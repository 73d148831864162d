-- ===== src/Zktrie/Sparse/Refine/Fresh.antt =====
-- Writes that replace no other node in the database.
use linea_sgx_prover.Prelude.{
  ℕ, some, List, [], ◌∷◌, ◌++◌, ◌≡◌, ◌≢◌, ◌⊎◌, inl, inr, ap, sym, ◌∙◌, true, Bool-cases,
}
use linea_sgx_prover.Prelude.Results.{ok}
use linea_sgx_prover.Bytes.{Bytes, bytes_eq, eq_of_bytes_eq, bytes_eq_refl}
use linea_sgx_prover.EthTypes.{Sh256}
use linea_sgx_prover.Zktrie.Types.{NodeValue, branch, leaf, empty_leaf, next_free, Node}
use linea_sgx_prover.Zktrie.Node.{value}
use linea_sgx_prover.Zktrie.Database.{Database, IsLawful}
use linea_sgx_prover.Zktrie.Sparse.Tree.{Tree, fork, node_of, IsTip, path_nodes}
use linea_sgx_prover.Zktrie.Sparse.Refine.Calls.{write_all}

pub value-IsTip : (raw : NodeValue) {v : Bytes} → value raw ≡ some v → IsTip raw
unfolding value
value-IsTip (branch b) h = absurd (cc)
value-IsTip (leaf l) h = tt
value-IsTip empty_leaf h = tt
value-IsTip (next_free l) h = tt

pub hash-cases : (a b : Sh256) → (a ≡ b) ⊎ (a ≢ b)
hash-cases a b = elim (Bool-cases (bytes_eq a b)) [
  | inl same ↦ inl (eq_of_bytes_eq a b same)
  | inr other ↦ inr (λ e. let o : bytes_eq a b ≡ true = rw (← e) (bytes_eq_refl a) in cc)
]

module _ {D : Type 0} (db : Database D) where
  -- At the time of each write, the database holds nothing or the same node under the hash: the
  -- writes show no collision of the hash.
  abbrev pub IsFresh : List Node → D → Type 0
  IsFresh [] s = Unit
  IsFresh (n ∷ ns) s =
      ((m : Node) → db.get_node s n.hash ≡ ok (some m) → m ≡ n)
      × IsFresh ns (db.update_node n.hash n s).1

  -- Whatever can be read before can be read afterwards.
  abbrev pub Extends : D → D → Type 0
  Extends s s' =
      (h : Sh256) (m : Node) → db.get_node s h ≡ ok (some m) → db.get_node s' h ≡ ok (some m)

  module _ (law : IsLawful db) where
    pub write-holds :
        (n : Node) (s : D)
        → ((m : Node) → db.get_node s n.hash ≡ ok (some m) → m ≡ n)
        → db.get_node (db.update_node n.hash n s).1 n.hash ≡ ok (some n)
    write-holds n s fresh = elim (law.get-update_self n.hash n s) [
      | inl held ↦ held
      | inr (m, before, after) ↦ after ∙ ap (λ t. ok (some t)) (fresh m before)
    ]

    pub write-Extends :
        (n : Node) (s : D)
        → ((m : Node) → db.get_node s n.hash ≡ ok (some m) → m ≡ n)
        → Extends s (db.update_node n.hash n s).1
    write-Extends n s fresh h m held = elim (hash-cases h n.hash) [
      | inl same ↦
          let there : db.get_node s n.hash ≡ ok (some m) = rw (← same) held in
          rw same (write-holds n s fresh ∙ ap (λ t. ok (some t)) (sym (fresh m there)))
      | inr other ↦ rw (law.get-update_ne n.hash h n s other) held
    ]

    pub write_all-Extends : (ns : List Node) (s : D) → IsFresh ns s → Extends s (write_all db ns s)
    unfolding write_all
    write_all-Extends [] s fresh h m held = held
    write_all-Extends (n ∷ ns) s fresh h m held =
        write_all-Extends ns (db.update_node n.hash n s).1 fresh.1 h m
          (write-Extends n s fresh.0 h m held)

    pub IsFresh-append :
        (ns ms : List Node) (s : D)
        → IsFresh (ns ++ ms) s
        → IsFresh ns s × IsFresh ms (write_all db ns s)
    unfolding write_all
    IsFresh-append [] ms s fresh = (tt, fresh)
    IsFresh-append (n ∷ ns) ms s fresh =
        let (front, back) = IsFresh-append ns ms (db.update_node n.hash n s).1 fresh.1 in
        ((fresh.0, front), back)

    pub nodes_left :
        (b : ℕ) (rest : Bytes) (h : Sh256) (l r : Tree)
        → b ≡ 0
        → path_nodes (b ∷ rest) (fork h l r) ≡ path_nodes rest l ++ node_of (fork h l r) ∷ []
    unfolding path_nodes
    nodes_left b rest h l r e = rw e

    pub nodes_right :
        (b : ℕ) (rest : Bytes) (h : Sh256) (l r : Tree)
        → b ≡ 1
        → path_nodes (b ∷ rest) (fork h l r) ≡ path_nodes rest r ++ node_of (fork h l r) ∷ []
    unfolding path_nodes
    nodes_right b rest h l r e = rw e
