-- ===== src/Zktrie/Sparse/Refine/Update.antt =====
-- `add_leaf` of src/common/zktrie/src/sparse_merkle_trie.rs against the update of the tree.
use linea_sgx_prover.Prelude.{
  ℕ, zero, suc, ◌≤◌, some, [], ◌∷◌, ◌≡◌, inl, inr, refl, arith, ◌==◌, length, Bool-cases, drop,
}
use linea_sgx_prover.Prelude.Results
use linea_sgx_prover.Prelude.Results.{Result, Result-cases, ok, err, panic, >>=-inv}
use linea_sgx_prover.Prelude.Exec.{continue}
use linea_sgx_prover.Bytes.{Bytes, slice_from}
use linea_sgx_prover.Zktrie.Types.{Env, NodeValue, branch, leaf, empty_leaf, next_free, Node, Error}
use linea_sgx_prover.Zktrie.Path.{prefix_len}
use linea_sgx_prover.Zktrie.Node.{leaf_node, child}
use linea_sgx_prover.Zktrie.Database.{Database, IsLawful}
use linea_sgx_prover.Zktrie.Sparse.{db_add, add_leaf, add_leaf_node}
use linea_sgx_prover.Zktrie.Sparse.Tree.{
  Tree, tip, fork, tree_hash, IsTip, tree_put, put_tip, new_tip, path_nodes,
}
use linea_sgx_prover.Zktrie.Sparse.Refine.Calls.{
  write_all, Agrees, db_add-lem, level_end, left_end, right_end,
}
use linea_sgx_prover.Zktrie.Sparse.Refine.{IsAt-step, IsAt-end, Held}

module _ {D : Type 0} (db : Database D) where
  module _ (law : IsLawful db) (env : Env) where
    leaf_end :
        (r : Result Error Node) (rest : Bytes) (s : D)
        → Agrees db s
            (path_nodes rest)
            (Results.◌>>=◌ r (λ n. ok (tip n)))
            (continue r (db_add db) s)
    unfolding write_all path_nodes
    leaf_end (ok n) rest s = db_add-lem db law env n s
    leaf_end (err e) rest s = refl
    leaf_end panic rest s = refl

    leaf-Agrees :
        (rest v : Bytes) (s : D)
        → Agrees db s (path_nodes rest) (new_tip env rest v) (add_leaf_node db env rest v s)
    unfolding new_tip add_leaf_node
    leaf-Agrees rest v s = leaf_end (leaf_node env rest v) rest s

    tip-Agrees :
        (raw : NodeValue) (k lvl : ℕ) (n : Node) (path rest v : Bytes) (s : D)
        → db.get_node s n.hash ≡ ok (some n)
        → n.raw ≡ raw
        → IsTip raw
        → drop lvl path ≡ rest
        → lvl ≤ length path
        → Agrees db s
            (path_nodes rest)
            (put_tip env raw rest v)
            (add_leaf db env (suc k) lvl n.hash path v s)
    unfolding add_leaf put_tip
    tip-Agrees (branch b) k lvl n path rest v s found e is_tip at room = absurd is_tip
    tip-Agrees empty_leaf k lvl n path rest v s found e is_tip at room =
        let cut : slice_from {E = Error} path lvl ≡ ok rest = ground arith in
        rw (found, e, cut) (leaf-Agrees rest v s)
    tip-Agrees (leaf l) k lvl n path rest v s found e is_tip at room =
        let cut : slice_from {E = Error} path lvl ≡ ok rest = ground arith in
        elim (Bool-cases (prefix_len l.path rest == length l.path)) [
          | inl fits ↦ rw (found, e, cut, fits) (leaf-Agrees rest v s)
          | inr other ↦ rw (found, e, cut, other) refl
        ]
    tip-Agrees (next_free l) k lvl n path rest v s found e is_tip at room =
        let cut : slice_from {E = Error} path lvl ≡ ok rest = ground arith in
        elim (Bool-cases (prefix_len l.path rest == length l.path)) [
          | inl fits ↦ rw (found, e, cut, fits) (leaf-Agrees rest v s)
          | inr other ↦ rw (found, e, cut, other) refl
        ]

    -- Where the database holds the path, `add_leaf` ends as the update of the tree says.
    pub add_leaf-Agrees :
        (k lvl : ℕ) (path rest v : Bytes) (t : Tree) (s : D)
        → Held db s rest t
        → drop lvl path ≡ rest
        → lvl ≤ length path
        → Agrees db s
            (path_nodes rest)
            (tree_put env k rest v t)
            (add_leaf db env k lvl (tree_hash t) path v s)
    unfolding add_leaf tree_put child level_end Held path_nodes
    add_leaf-Agrees zero lvl path rest v t s st at room = refl
    add_leaf-Agrees (suc k) lvl path rest v (tip n) s st at room =
        tip-Agrees n.raw k lvl n path rest v s st.0 refl st.1 at room
    add_leaf-Agrees (suc k) lvl path [] v (fork h l r) s st at room =
        rw (st.0, IsAt-end path lvl at) refl
    add_leaf-Agrees (suc k) lvl path (b ∷ rest) v (fork h l r) s st at room =
        let (here, next, room') = IsAt-step path lvl b rest at in
        elim (Bool-cases (b == 0)) [
          | inl left ↦
              let z : b ≡ 0 = ground arith in
              rw (st.0, here, z)
                (left_end db law env (tree_put env k rest v l)
                  (add_leaf db env k (suc lvl) (tree_hash l) path v) l r (path_nodes rest)
                  (path_nodes (0 ∷ rest)) s (λ h l'. refl)
                  (add_leaf-Agrees k (suc lvl) path rest v l s (rw z at st.1) next room'))
          | inr other ↦ elim (Bool-cases (b == 1)) [
            | inl right ↦
                let z : b ≡ 1 = ground arith in
                rw (st.0, here, z)
                  (right_end db law env (tree_put env k rest v r)
                    (add_leaf db env k (suc lvl) (tree_hash r) path v) l r (path_nodes rest)
                    (path_nodes (1 ∷ rest)) s (λ h r'. refl)
                    (add_leaf-Agrees k (suc lvl) path rest v r s (rw z at st.1) next room'))
            | inr neither ↦ rw (st.0, here, other, neither) refl
          ]
        ]
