-- ===== src/Zktrie/Sparse/Refine/Partial.antt =====
-- A database that holds the nodes of some paths of the tree only, as after
-- src/common/zktrie/src/storage.rs has taken proofs, and the writes of an update.
use mathlib.Core.Path.{subst, subst₂}
use linea_sgx_prover.Prelude.{
  ℕ, zero, suc, some, List, [], ◌∷◌, ◌++◌, ◌≡◌, inl, inr, ap, sym, ◌∙◌, ◌==◌, Bool-cases,
  if◌then◌else◌,
}
use linea_sgx_prover.Prelude.Results.{ok}
use linea_sgx_prover.Bytes.{Bytes}
use linea_sgx_prover.EthTypes.{Sh256}
use linea_sgx_prover.Zktrie.Types.{Env, Node}
use linea_sgx_prover.Zktrie.Database.{Database, IsLawful}
use linea_sgx_prover.Zktrie.Sparse.Tree.{Tree, tip, fork, node_of, IsTip, tree_put, path_nodes}
use linea_sgx_prover.Zktrie.Sparse.Tree.Reads.{
  new_fork-inv, went_left, went_right, put_step, put_at_tip, put_tip-reads,
}
use linea_sgx_prover.Zktrie.Sparse.Refine.{Held}
use linea_sgx_prover.Zktrie.Sparse.Refine.Calls.{write_all, write_all-append}
use linea_sgx_prover.Zktrie.Sparse.Refine.Fresh.{
  IsFresh, Extends, write-holds, write-Extends, write_all-Extends, IsFresh-append, nodes_left,
  nodes_right, value-IsTip,
}

module _ {D : Type 0} (db : Database D) where
  pub Held-Extends :
      (s s' : D) (rest : Bytes) (t : Tree) → Extends db s s' → Held db s rest t → Held db s' rest t
  unfolding Held
  Held-Extends s s' rest (tip n) more st = (more n.hash n st.0, st.1)
  Held-Extends s s' [] (fork h l r) more st = (more h (node_of (fork h l r)) st.0, tt)
  Held-Extends s s' (b ∷ rest) (fork h l r) more st = (
    more h (node_of (fork h l r)) st.0,
    Held-Extends s s' rest (if b == 0 then l else r) more st.1,
  )

  -- What is held below a fork, on the rest of a path.
  abbrev pub Below : D → Bytes → Tree → Tree → Type 0
  Below s [] l r = Unit
  Below s (b ∷ rest) l r = Held db s rest (if b == 0 then l else r)

  pub fork-Held :
      (h : Sh256) (l r : Tree) (s : D) (rest : Bytes)
      → db.get_node s h ≡ ok (some (node_of (fork h l r)))
      → Below s rest l r
      → Held db s rest (fork h l r)
  unfolding Held
  fork-Held h l r s [] held below = (held, tt)
  fork-Held h l r s (b ∷ rest) held below = (held, below)

  pub Held-Below :
      (h : Sh256) (l r : Tree) (s : D) (rest : Bytes)
      → Held db s rest (fork h l r)
      → (db.get_node s h ≡ ok (some (node_of (fork h l r)))) × Below s rest l r
  unfolding Held
  Held-Below h l r s [] st = st
  Held-Below h l r s (b ∷ rest) st = st

  pub Below-Extends :
      (s s' : D) (rest : Bytes) (l r : Tree)
      → Extends db s s'
      → Below s rest l r
      → Below s' rest l r
  Below-Extends s s' [] l r more st = tt
  Below-Extends s s' (b ∷ rest) l r more st =
      Held-Extends s s' rest (if b == 0 then l else r) more st

  pub tip-Held :
      (n : Node) (s : D) (rest : Bytes)
      → db.get_node s n.hash ≡ ok (some n)
      → IsTip n.raw
      → Held db s rest (tip n)
  unfolding Held
  tip-Held n s rest held is_tip = (held, is_tip)

  module _ (law : IsLawful db) where
    -- One written node above what is held.
    pub above-Held :
        (h : Sh256) (l r : Tree) (ns : List Node) (s : D) (rest : Bytes)
        → Below (write_all db ns s) rest l r
        → IsFresh db (ns ++ node_of (fork h l r) ∷ []) s
        → Held db (write_all db (ns ++ node_of (fork h l r) ∷ []) s) rest (fork h l r)
    unfolding write_all
    above-Held h l r ns s rest below fresh =
        let n = node_of (fork h l r) in
        let back = (IsFresh-append db law ns (n ∷ []) s fresh).1 in
        let s1 = write_all db ns s in
        let s2 = (db.update_node n.hash n s1).1 in
        let more = write-Extends db law n s1 back.0 in
        rw (write_all-append db ns (n ∷ []) s) (
          fork-Held h l r s2 rest (write-holds db law n s1 back.0)
            (Below-Extends s1 s2 rest l r more below))

    -- What is held below the new fork, beside an update on the left and on the right.
    pub Below-left :
        (l l' r : Tree) (s s' : D) (rest : Bytes)
        → Below s rest l r
        → Extends db s s'
        → ((o : Bytes) → Held db s o l → Held db s' o l')
        → Below s' rest l' r
    Below-left l l' r s s' [] st more next = tt
    Below-left l l' r s s' (c ∷ rest) st more next = elim (Bool-cases (c == 0)) [
      | inl here ↦ rw here (next rest (rw here at st))
      | inr there ↦ rw there (Held-Extends s s' rest r more (rw there at st))
    ]

    pub Below-right :
        (l r r' : Tree) (s s' : D) (rest : Bytes)
        → Below s rest l r
        → Extends db s s'
        → ((o : Bytes) → Held db s o r → Held db s' o r')
        → Below s' rest l r'
    Below-right l r r' s s' [] st more next = tt
    Below-right l r r' s s' (c ∷ rest) st more next = elim (Bool-cases (c == 0)) [
      | inl there ↦ rw there (Held-Extends s s' rest l more (rw there at st))
      | inr here ↦ rw here (next rest (rw here at st))
    ]

    module _ (env : Env) where
      -- The writes of a successful update leave in the database every path of the updated tree that
      -- it held before.
      pub tree_put-Held :
          (k : ℕ) (path v : Bytes) (t : Tree) {t' : Tree} (s : D) (rest : Bytes)
          → Held db s rest t
          → tree_put env k path v t ≡ ok t'
          → IsFresh db (path_nodes path t') s
          → Held db (write_all db (path_nodes path t') s) rest t'
      tree_put-Held zero path v t s rest st h fresh = absurd (unfold tree_put in cc)
      tree_put-Held (suc k) path v (tip m) {t'} s rest st h fresh =
          let (n, same, holds, reads) =
            put_tip-reads env m.raw path v (put_at_tip env k path v m h) in
          let fresh' : IsFresh db (n ∷ []) s =
            unfold path_nodes in subst (λ t. IsFresh db (path_nodes path t) s) same fresh in
          subst (λ t. Held db (write_all db (path_nodes path t) s) rest t) (sym same)
            (unfold write_all path_nodes in
              tip-Held n (db.update_node n.hash n s).1 rest (write-holds db law n s fresh'.0)
                (value-IsTip n.raw holds))
      tree_put-Held (suc k) [] v (fork x l r) s rest st h fresh = absurd (unfold tree_put in cc)
      tree_put-Held (suc k) (b ∷ path) v (fork x l r) {t'} s rest st h fresh =
          elim (put_step env k b path v x l r h) [
            | went_left l' left below made ↦
                let (f, same, _) = new_fork-inv env l' r made in
                let nodes =
                  ap (path_nodes (b ∷ path)) same ∙ nodes_left db law b path f.hash l' r left in
                let fresh' = subst (λ ns. IsFresh db ns s) nodes fresh in
                let ns = path_nodes path l' in
                let front =
                  (IsFresh-append db law ns (node_of (fork f.hash l' r) ∷ []) s fresh').0 in
                subst₂ (λ ns t. Held db (write_all db ns s) rest t) (sym nodes) (sym same)
                  (above-Held f.hash l' r ns s rest
                    (Below-left l l' r s (write_all db ns s) rest (Held-Below x l r s rest st).1
                      (write_all-Extends db law ns s front)
                      (λ o held. tree_put-Held k path v l s o held below front))
                    fresh')
            | went_right r' right below made ↦
                let (f, same, _) = new_fork-inv env l r' made in
                let nodes =
                  ap (path_nodes (b ∷ path)) same ∙ nodes_right db law b path f.hash l r' right in
                let fresh' = subst (λ ns. IsFresh db ns s) nodes fresh in
                let ns = path_nodes path r' in
                let front =
                  (IsFresh-append db law ns (node_of (fork f.hash l r') ∷ []) s fresh').0 in
                subst₂ (λ ns t. Held db (write_all db ns s) rest t) (sym nodes) (sym same)
                  (above-Held f.hash l r' ns s rest
                    (Below-right l r r' s (write_all db ns s) rest (Held-Below x l r s rest st).1
                      (write_all-Extends db law ns s front)
                      (λ o held. tree_put-Held k path v r s o held below front))
                    fresh')
          ]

◇ ◇ ◇ ◇

• [TASK GOAL]
Would you please return all lines from the listing above that contain "other"?

• [RESPONSE]
-- Writes that replace no other node in the database.
  | inr other ↦ inr (λ e. let o : bytes_eq a b ≡ true = rw (← e) (bytes_eq_refl a) in cc)
      | inr other ↦ rw (law.get-update_ne n.hash h n s other) held
          | inr other ↦ rw (found, e, cut, other) refl
          | inr other ↦ rw (found, e, cut, other) refl
          | inr other ↦ elim (Bool-cases (b == 1)) [
            | inr neither ↦ rw (st.0, here, other, neither) refl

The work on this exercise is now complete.